Exercise directions: Your output should contain every record, unchanged.

Supplied data:
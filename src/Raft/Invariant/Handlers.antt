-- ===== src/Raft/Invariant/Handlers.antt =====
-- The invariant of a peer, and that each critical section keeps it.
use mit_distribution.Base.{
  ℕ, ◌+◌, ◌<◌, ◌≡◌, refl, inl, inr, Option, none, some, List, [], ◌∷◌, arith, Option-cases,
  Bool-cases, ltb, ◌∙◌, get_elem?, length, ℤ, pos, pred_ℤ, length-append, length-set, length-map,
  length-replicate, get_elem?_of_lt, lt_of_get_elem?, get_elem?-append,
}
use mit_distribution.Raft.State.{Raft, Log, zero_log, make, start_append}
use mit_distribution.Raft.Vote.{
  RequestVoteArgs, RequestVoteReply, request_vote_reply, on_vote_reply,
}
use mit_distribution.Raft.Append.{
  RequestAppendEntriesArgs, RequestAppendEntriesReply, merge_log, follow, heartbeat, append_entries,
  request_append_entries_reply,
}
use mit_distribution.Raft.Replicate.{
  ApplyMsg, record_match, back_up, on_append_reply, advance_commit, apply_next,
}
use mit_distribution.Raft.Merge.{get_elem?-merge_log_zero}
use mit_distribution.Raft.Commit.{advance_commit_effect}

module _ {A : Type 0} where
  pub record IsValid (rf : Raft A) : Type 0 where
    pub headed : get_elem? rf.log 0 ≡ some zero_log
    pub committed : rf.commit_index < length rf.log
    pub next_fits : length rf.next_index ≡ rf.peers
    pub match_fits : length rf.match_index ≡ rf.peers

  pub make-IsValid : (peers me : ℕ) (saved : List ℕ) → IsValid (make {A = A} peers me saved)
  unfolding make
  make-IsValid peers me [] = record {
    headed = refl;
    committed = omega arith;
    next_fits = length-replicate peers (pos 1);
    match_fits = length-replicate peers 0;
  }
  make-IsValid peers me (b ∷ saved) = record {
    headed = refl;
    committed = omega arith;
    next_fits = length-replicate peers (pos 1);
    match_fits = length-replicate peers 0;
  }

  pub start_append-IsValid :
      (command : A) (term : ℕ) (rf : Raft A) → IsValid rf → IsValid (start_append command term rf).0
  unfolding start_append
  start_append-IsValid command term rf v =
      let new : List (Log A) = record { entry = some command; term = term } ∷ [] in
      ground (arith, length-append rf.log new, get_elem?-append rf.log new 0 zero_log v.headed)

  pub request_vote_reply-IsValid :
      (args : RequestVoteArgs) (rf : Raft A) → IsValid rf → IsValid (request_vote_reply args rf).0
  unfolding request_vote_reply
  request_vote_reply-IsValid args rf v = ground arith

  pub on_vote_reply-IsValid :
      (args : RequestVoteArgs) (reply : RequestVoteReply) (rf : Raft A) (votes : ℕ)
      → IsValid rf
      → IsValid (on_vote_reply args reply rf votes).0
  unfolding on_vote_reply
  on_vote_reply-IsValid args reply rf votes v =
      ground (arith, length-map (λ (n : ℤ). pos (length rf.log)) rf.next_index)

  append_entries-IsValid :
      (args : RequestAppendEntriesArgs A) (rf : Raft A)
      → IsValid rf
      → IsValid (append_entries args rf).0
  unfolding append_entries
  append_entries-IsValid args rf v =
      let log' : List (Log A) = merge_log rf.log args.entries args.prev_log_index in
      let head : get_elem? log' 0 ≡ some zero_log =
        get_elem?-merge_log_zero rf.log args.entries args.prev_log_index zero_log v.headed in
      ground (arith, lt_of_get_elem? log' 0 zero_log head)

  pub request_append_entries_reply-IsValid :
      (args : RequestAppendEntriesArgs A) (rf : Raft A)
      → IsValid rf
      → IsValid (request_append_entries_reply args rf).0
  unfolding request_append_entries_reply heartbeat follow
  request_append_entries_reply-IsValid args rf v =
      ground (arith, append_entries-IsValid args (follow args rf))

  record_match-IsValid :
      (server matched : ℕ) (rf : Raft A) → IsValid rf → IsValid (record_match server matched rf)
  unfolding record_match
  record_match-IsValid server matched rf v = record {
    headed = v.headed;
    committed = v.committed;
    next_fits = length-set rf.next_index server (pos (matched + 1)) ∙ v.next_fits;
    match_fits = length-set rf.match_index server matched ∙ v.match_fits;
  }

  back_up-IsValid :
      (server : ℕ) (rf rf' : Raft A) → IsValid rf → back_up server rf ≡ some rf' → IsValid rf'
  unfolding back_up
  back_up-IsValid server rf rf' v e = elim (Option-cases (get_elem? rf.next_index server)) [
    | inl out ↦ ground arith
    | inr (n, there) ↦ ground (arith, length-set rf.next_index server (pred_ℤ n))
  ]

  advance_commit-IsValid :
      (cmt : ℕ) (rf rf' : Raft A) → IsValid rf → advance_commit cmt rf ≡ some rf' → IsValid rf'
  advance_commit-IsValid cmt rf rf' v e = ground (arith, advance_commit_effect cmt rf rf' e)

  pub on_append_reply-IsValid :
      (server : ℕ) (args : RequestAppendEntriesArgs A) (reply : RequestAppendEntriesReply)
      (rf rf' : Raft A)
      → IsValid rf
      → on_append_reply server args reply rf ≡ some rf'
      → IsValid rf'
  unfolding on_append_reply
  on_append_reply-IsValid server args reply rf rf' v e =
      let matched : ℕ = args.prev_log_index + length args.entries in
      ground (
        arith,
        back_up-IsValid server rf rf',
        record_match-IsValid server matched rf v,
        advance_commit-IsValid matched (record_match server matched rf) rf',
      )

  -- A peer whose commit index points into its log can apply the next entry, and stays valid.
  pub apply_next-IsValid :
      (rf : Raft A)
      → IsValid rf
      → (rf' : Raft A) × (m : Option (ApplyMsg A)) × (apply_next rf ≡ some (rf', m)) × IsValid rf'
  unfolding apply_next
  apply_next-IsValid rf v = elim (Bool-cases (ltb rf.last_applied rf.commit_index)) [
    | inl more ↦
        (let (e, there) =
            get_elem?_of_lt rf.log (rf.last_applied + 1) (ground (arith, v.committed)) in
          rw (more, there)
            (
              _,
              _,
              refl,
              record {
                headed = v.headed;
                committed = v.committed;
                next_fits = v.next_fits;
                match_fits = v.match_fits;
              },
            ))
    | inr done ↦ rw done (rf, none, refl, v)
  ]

Answer section:
filename src/Raft/Invariant/Handlers.antt
-- ===== src/Raft/Invariant/Handlers.antt =====
-- The invariant of a peer, and that each critical section keeps it.
use mit_distribution.Base.{
  ℕ, ◌+◌, ◌<◌, ◌≡◌, refl, inl, inr, Option, none, some, List, [], ◌∷◌, arith, Option-cases,
  Bool-cases, ltb, ◌∙◌, get_elem?, length, ℤ, pos, pred_ℤ, length-append, length-set, length-map,
  length-replicate, get_elem?_of_lt, lt_of_get_elem?, get_elem?-append,
}
use mit_distribution.Raft.State.{Raft, Log, zero_log, make, start_append}
use mit_distribution.Raft.Vote.{
  RequestVoteArgs, RequestVoteReply, request_vote_reply, on_vote_reply,
}
use mit_distribution.Raft.Append.{
  RequestAppendEntriesArgs, RequestAppendEntriesReply, merge_log, follow, heartbeat, append_entries,
  request_append_entries_reply,
}
use mit_distribution.Raft.Replicate.{
  ApplyMsg, record_match, back_up, on_append_reply, advance_commit, apply_next,
}
use mit_distribution.Raft.Merge.{get_elem?-merge_log_zero}
use mit_distribution.Raft.Commit.{advance_commit_effect}

module _ {A : Type 0} where
  pub record IsValid (rf : Raft A) : Type 0 where
    pub headed : get_elem? rf.log 0 ≡ some zero_log
    pub committed : rf.commit_index < length rf.log
    pub next_fits : length rf.next_index ≡ rf.peers
    pub match_fits : length rf.match_index ≡ rf.peers

  pub make-IsValid : (peers me : ℕ) (saved : List ℕ) → IsValid (make {A = A} peers me saved)
  unfolding make
  make-IsValid peers me [] = record {
    headed = refl;
    committed = omega arith;
    next_fits = length-replicate peers (pos 1);
    match_fits = length-replicate peers 0;
  }
  make-IsValid peers me (b ∷ saved) = record {
    headed = refl;
    committed = omega arith;
    next_fits = length-replicate peers (pos 1);
    match_fits = length-replicate peers 0;
  }

  pub start_append-IsValid :
      (command : A) (term : ℕ) (rf : Raft A) → IsValid rf → IsValid (start_append command term rf).0
  unfolding start_append
  start_append-IsValid command term rf v =
      let new : List (Log A) = record { entry = some command; term = term } ∷ [] in
      ground (arith, length-append rf.log new, get_elem?-append rf.log new 0 zero_log v.headed)

  pub request_vote_reply-IsValid :
      (args : RequestVoteArgs) (rf : Raft A) → IsValid rf → IsValid (request_vote_reply args rf).0
  unfolding request_vote_reply
  request_vote_reply-IsValid args rf v = ground arith

  pub on_vote_reply-IsValid :
      (args : RequestVoteArgs) (reply : RequestVoteReply) (rf : Raft A) (votes : ℕ)
      → IsValid rf
      → IsValid (on_vote_reply args reply rf votes).0
  unfolding on_vote_reply
  on_vote_reply-IsValid args reply rf votes v =
      ground (arith, length-map (λ (n : ℤ). pos (length rf.log)) rf.next_index)

  append_entries-IsValid :
      (args : RequestAppendEntriesArgs A) (rf : Raft A)
      → IsValid rf
      → IsValid (append_entries args rf).0
  unfolding append_entries
  append_entries-IsValid args rf v =
      let log' : List (Log A) = merge_log rf.log args.entries args.prev_log_index in
      let head : get_elem? log' 0 ≡ some zero_log =
        get_elem?-merge_log_zero rf.log args.entries args.prev_log_index zero_log v.headed in
      ground (arith, lt_of_get_elem? log' 0 zero_log head)

  pub request_append_entries_reply-IsValid :
      (args : RequestAppendEntriesArgs A) (rf : Raft A)
      → IsValid rf
      → IsValid (request_append_entries_reply args rf).0
  unfolding request_append_entries_reply heartbeat follow
  request_append_entries_reply-IsValid args rf v =
      ground (arith, append_entries-IsValid args (follow args rf))

  record_match-IsValid :
      (server matched : ℕ) (rf : Raft A) → IsValid rf → IsValid (record_match server matched rf)
  unfolding record_match
  record_match-IsValid server matched rf v = record {
    headed = v.headed;
    committed = v.committed;
    next_fits = length-set rf.next_index server (pos (matched + 1)) ∙ v.next_fits;
    match_fits = length-set rf.match_index server matched ∙ v.match_fits;
  }

  back_up-IsValid :
      (server : ℕ) (rf rf' : Raft A) → IsValid rf → back_up server rf ≡ some rf' → IsValid rf'
  unfolding back_up
  back_up-IsValid server rf rf' v e = elim (Option-cases (get_elem? rf.next_index server)) [
    | inl out ↦ ground arith
    | inr (n, there) ↦ ground (arith, length-set rf.next_index server (pred_ℤ n))
  ]

  advance_commit-IsValid :
      (cmt : ℕ) (rf rf' : Raft A) → IsValid rf → advance_commit cmt rf ≡ some rf' → IsValid rf'
  advance_commit-IsValid cmt rf rf' v e = ground (arith, advance_commit_effect cmt rf rf' e)

  pub on_append_reply-IsValid :
      (server : ℕ) (args : RequestAppendEntriesArgs A) (reply : RequestAppendEntriesReply)
      (rf rf' : Raft A)
      → IsValid rf
      → on_append_reply server args reply rf ≡ some rf'
      → IsValid rf'
  unfolding on_append_reply
  on_append_reply-IsValid server args reply rf rf' v e =
      let matched : ℕ = args.prev_log_index + length args.entries in
      ground (
        arith,
        back_up-IsValid server rf rf',
        record_match-IsValid server matched rf v,
        advance_commit-IsValid matched (record_match server matched rf) rf',
      )

  -- A peer whose commit index points into its log can apply the next entry, and stays valid.
  pub apply_next-IsValid :
      (rf : Raft A)
      → IsValid rf
      → (rf' : Raft A) × (m : Option (ApplyMsg A)) × (apply_next rf ≡ some (rf', m)) × IsValid rf'
  unfolding apply_next
  apply_next-IsValid rf v = elim (Bool-cases (ltb rf.last_applied rf.commit_index)) [
    | inl more ↦
        (let (e, there) =
            get_elem?_of_lt rf.log (rf.last_applied + 1) (ground (arith, v.committed)) in
          rw (more, there)
            (
              _,
              _,
              refl,
              record {
                headed = v.headed;
                committed = v.committed;
                next_fits = v.next_fits;
                match_fits = v.match_fits;
              },
            ))
    | inr done ↦ rw done (rf, none, refl, v)
  ]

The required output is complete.